The ReMEDy2 trial is an adaptive design, randomized, double-blind, placebo-controlled trial studying the use of the Company’s product candidate, DM199, to treat AIS patients. The trial is intended to enroll approximately 350 patients at 75 sites in the United States. Patients enrolled in the trial will be treated for three weeks with either DM199 or placebo beginning within 24 hours of the onset of AIS symptoms, with the final follow-up at 90 days. The trial excludes patients treated with tissue plasminogen activator (tPA) and/or mechanical thrombectomy. The study population is representative of the approximately 80% of AIS patients who do not have treatment options today, primarily due to the limitations on treatment with tPA or mechanical thrombectomy. DiaMedica believes that the proposed trial has the potential to serve as a pivotal registration study of DM199 in this patient population.
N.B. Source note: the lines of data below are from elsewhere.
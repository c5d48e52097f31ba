-- ===== src/Lease/Cache/Sharing.antt =====
-- Which lease the cache hands out.
use election_agent.Prelude.{
  ℕ, String, ◌<>◌, ◌≡◌, refl, sym, ap, ◌∙◌, inl, inr, true, false, Option, none, some, ◌==◌,
  if◌then◌else◌, Bool-cases,
}
use mathlib.Core.Path.{subst}
use text.Mathlib.TextLemmas.{append_assoc}
use election_agent.Config.{Config, lease_key, kind_or_default}
use election_agent.Redlock.Mutex.{Float64, new_mutex}
use election_agent.Lease.{RedisLease}
use election_agent.Lease.Cache.{
  TwoQueueCache, LeaseArgs, Hasher, LeaseManager, lease_id, driver_mutex, new_lease, cached_or_new,
  get_lease,
}

abbrev pub args : String → String → String → ℕ → LeaseArgs
args name kind holder ttl = record { name = name; kind = kind; holder = holder; ttl = ttl }

kind_or_default-twice :
    (kind : String) → kind_or_default (kind_or_default kind) ≡ kind_or_default kind
kind_or_default-twice kind = elim (Bool-cases (kind == "")) [
  | inl e ↦ rw e refl
  | inr e ↦ rw (e, e) refl
]

module _ (F : Float64) (H : Hasher) (C : TwoQueueCache (RedisLease F)) where
  -- Made by NewLease, from parameters of this identifier.
  abbrev pub MadeFor : Config → ℕ → RedisLease F → Type 0
  MadeFor cfg id l = (a : LeaseArgs) × (l ≡ new_lease F H C cfg a) × (lease_id F H C cfg a ≡ id)

  -- Every cached lease was made from parameters of the identifier that it is cached under.
  abbrev pub IsSound : LeaseManager F H C → Type 0
  IsSound lm = (id : ℕ) (l : RedisLease F) → C.peek lm.cache id ≡ some l → MadeFor lm.cfg id l

  cached_or_new-IsSound :
      (id : ℕ) (a : LeaseArgs) (lm : LeaseManager F H C) (o : Option (RedisLease F))
      → IsSound lm
      → lease_id F H C lm.cfg a ≡ id
      → C.peek lm.cache id ≡ o
      → let (lm', l) = cached_or_new F H C id a lm o in IsSound lm' × MadeFor lm.cfg id l
  unfolding cached_or_new
  cached_or_new-IsSound id a lm (some l) sound e p =
      (λ j m q. sound j m (sym (C.peek-touch lm.cache id j) ∙ q), sound id l p)
  cached_or_new-IsSound id a lm none sound e p = (
    λ j m q. elim (C.peek-add-other lm.cache id j (new_lease F H C lm.cfg a) m q) [
      | inl (i, l) ↦ (a, sym l, e ∙ i)
      | inr r ↦ sound j m r
    ],
    (a, refl, e),
  )

  get_lease-on :
      (a : LeaseArgs) (lm : LeaseManager F H C)
      → lm.cfg.lease_cache ≡ true
      → get_lease F H C a lm
        ≡ cached_or_new F H C
            (lease_id F H C lm.cfg a)
            a
            lm
            (C.peek lm.cache (lease_id F H C lm.cfg a))
  unfolding get_lease
  get_lease-on a lm on =
      ap
        (λ b.
          if b
          then cached_or_new F H C (lease_id F H C lm.cfg a) a lm
              (C.peek lm.cache (lease_id F H C lm.cfg a))
          else (lm, new_lease F H C lm.cfg a))
        on

  get_lease-off :
      (a : LeaseArgs) (lm : LeaseManager F H C)
      → lm.cfg.lease_cache ≡ false
      → get_lease F H C a lm ≡ (lm, new_lease F H C lm.cfg a)
  unfolding get_lease
  get_lease-off a lm off =
      ap
        (λ b.
          if b
          then cached_or_new F H C (lease_id F H C lm.cfg a) a lm
              (C.peek lm.cache (lease_id F H C lm.cfg a))
          else (lm, new_lease F H C lm.cfg a))
        off

  -- getLease keeps every cached lease one that was made from parameters with the identifier it is
  -- cached under, and returns a lease that was made from parameters with the identifier asked for.
  pub get_lease-IsSound :
      (a : LeaseArgs) (lm : LeaseManager F H C)
      → IsSound lm
      → let (lm', l) = get_lease F H C a lm in
        IsSound lm' × MadeFor lm.cfg (lease_id F H C lm.cfg a) l
  get_lease-IsSound a lm sound = elim (Bool-cases lm.cfg.lease_cache) [
    | inl on ↦
        subst (λ out. IsSound out.0 × MadeFor lm.cfg (lease_id F H C lm.cfg a) out.1)
          (sym (get_lease-on a lm on))
          (cached_or_new-IsSound (lease_id F H C lm.cfg a) a lm _ sound refl refl)
    | inr off ↦
        subst (λ out. IsSound out.0 × MadeFor lm.cfg (lease_id F H C lm.cfg a) out.1)
          (sym (get_lease-off a lm off)) (sound, (a, refl, refl))
  ]

  cached_or_new-again :
      (id : ℕ) (a b : LeaseArgs) (lm : LeaseManager F H C) (o : Option (RedisLease F))
      → C.peek lm.cache id ≡ o
      → let (lm1, l) = cached_or_new F H C id a lm o in
        (cached_or_new F H C id b lm1 (C.peek lm1.cache id)).1 ≡ l
  unfolding cached_or_new
  cached_or_new-again id a b lm (some l) p = rw (C.peek-touch lm.cache id id, p) refl
  cached_or_new-again id a b lm none p = rw (C.peek-add lm.cache id (new_lease F H C lm.cfg a)) refl

  cached_or_new-fresh :
      (id : ℕ) (a : LeaseArgs) (lm : LeaseManager F H C) (o : Option (RedisLease F))
      → o ≡ none
      → (cached_or_new F H C id a lm o).1 ≡ new_lease F H C lm.cfg a
  unfolding cached_or_new
  cached_or_new-fresh id a lm o e = rw e refl

  cached_or_new-cfg :
      (id : ℕ) (a : LeaseArgs) (lm : LeaseManager F H C) (o : Option (RedisLease F))
      → (cached_or_new F H C id a lm o).0.cfg ≡ lm.cfg
  unfolding cached_or_new
  cached_or_new-cfg id a lm (some l) = refl
  cached_or_new-cfg id a lm none = refl

  lease_id-shared :
      (cfg : Config) (name x holder kind : String) (ttl : ℕ)
      → lease_id F H C cfg (args (name <> x) kind holder ttl)
        ≡ lease_id F H C cfg (args name kind (x <> holder) ttl)
  unfolding lease_id lease_key
  lease_id-shared cfg name x holder kind ttl = ap H.hash (simp append_assoc)

  get_lease-shared :
      (name x holder kind : String) (ttl : ℕ) (lm : LeaseManager F H C)
      → lm.cfg.lease_cache ≡ true
      → let (lm1, first) = get_lease F H C (args name kind (x <> holder) ttl) lm in
        (get_lease F H C (args (name <> x) kind holder ttl) lm1).1 ≡ first
  get_lease-shared name x holder kind ttl lm on =
      let one = args name kind (x <> holder) ttl in
      let two = args (name <> x) kind holder ttl in
      let id = lease_id F H C lm.cfg one in
      let out = cached_or_new F H C id one lm (C.peek lm.cache id) in
      let cfg = cached_or_new-cfg id one lm (C.peek lm.cache id) in
      let id' =
        ap (λ c. lease_id F H C c two) cfg ∙ lease_id-shared lm.cfg name x holder kind ttl in
      subst (λ p. (get_lease F H C two p.0).1 ≡ p.1) (sym (get_lease-on one lm on))
        (ap (λ p. p.1) (get_lease-on two out.0 (ap (λ c. c.lease_cache) cfg ∙ on))
          ∙ ap (λ i. (cached_or_new F H C i two out.0 (C.peek out.0.cache i)).1) id'
          ∙ cached_or_new-again id one two lm (C.peek lm.cache id) refl)

  new_lease-mutex :
      (cfg : Config) (name kind holder : String) (ttl : ℕ)
      → let l = new_lease F H C cfg (args name kind holder ttl) in
        (l.mutex.name ≡ lease_key cfg name kind) × (l.mutex.value ≡ holder)
  unfolding new_lease driver_mutex new_mutex lease_key
  new_lease-mutex cfg name kind holder ttl =
      (ap (λ k. cfg.key_prefix <> "/lease/" <> k <> "/" <> name) (kind_or_default-twice kind), refl)

  -- Whatever the hash: with the cache on and no lease of election name and holder x followed by
  -- holder in it, getLease for that pair and then for election name followed by x and holder, with
  -- the same kind and ttl, returns a lease with the key of the first election and the value of the
  -- first holder.
  pub get_lease-other_election :
      (name x holder kind : String) (ttl : ℕ) (lm : LeaseManager F H C)
      → lm.cfg.lease_cache ≡ true
      → C.peek lm.cache (lease_id F H C lm.cfg (args name kind (x <> holder) ttl)) ≡ none
      → let lm1 = (get_lease F H C (args name kind (x <> holder) ttl) lm).0 in
        let l = (get_lease F H C (args (name <> x) kind holder ttl) lm1).1 in
        (l.mutex.name ≡ lease_key lm.cfg name kind) × (l.mutex.value ≡ x <> holder)
  get_lease-other_election name x holder kind ttl lm on empty =
      let one = args name kind (x <> holder) ttl in
      subst (λ l. (l.mutex.name ≡ lease_key lm.cfg name kind) × (l.mutex.value ≡ x <> holder))
        (sym (
          get_lease-shared name x holder kind ttl lm on
          ∙ ap (λ p. p.1) (get_lease-on one lm on)
          ∙ cached_or_new-fresh (lease_id F H C lm.cfg one) one lm _ empty))
        (new_lease-mutex lm.cfg name kind (x <> holder) ttl)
The ReMEDy2 trial has two separate, independent, primary endpoints based upon both the results observed in the first ReMEDy1 phase 2 trial and published results from the urine-derived form of KLK1 used to successfully treat AIS in China. ReMEDy2 is powered for success with either endpoint: 1) physical recovery from stroke as measured by the well-established modified Rankin Scale (mRS) at day 90, and 2) the rate of ischemic stroke recurrence through day 90. Recurrent strokes represent 25% of all ischemic strokes, often occurring in the first few weeks after an initial stroke and are typically more disabling, costly, and fatal than initial strokes.

About DM199

DM199 is a recombinant (synthetic) form of human tissue kallikrein-1 (KLK1). KLK1 is a serine protease (protein) that plays an important role in the regulation of diverse physiological processes including blood flow, inflammation, fibrosis, oxidative stress and neurogenesis via a molecular mechanism that increases production of nitric oxide and prostaglandin. KLK1 deficiency may play a role in multiple vascular and fibrotic diseases such as stroke, chronic kidney disease, retinopathy, vascular dementia, and resistant hypertension where current treatment options are limited or ineffective. DiaMedica is the first company to have developed a recombinant form of the KLK1 protein. The KLK1 protein, produced from porcine pancreas and human urine, has been used to treat patients in Japan, China and South Korea for decades. DM199 is currently being studied in patients with acute ischemic stroke and patients with chronic kidney disease. In September 2021, the U.S. Food and Drug Administration granted Fast Track Designation to DM199 for the treatment of acute ischemic stroke.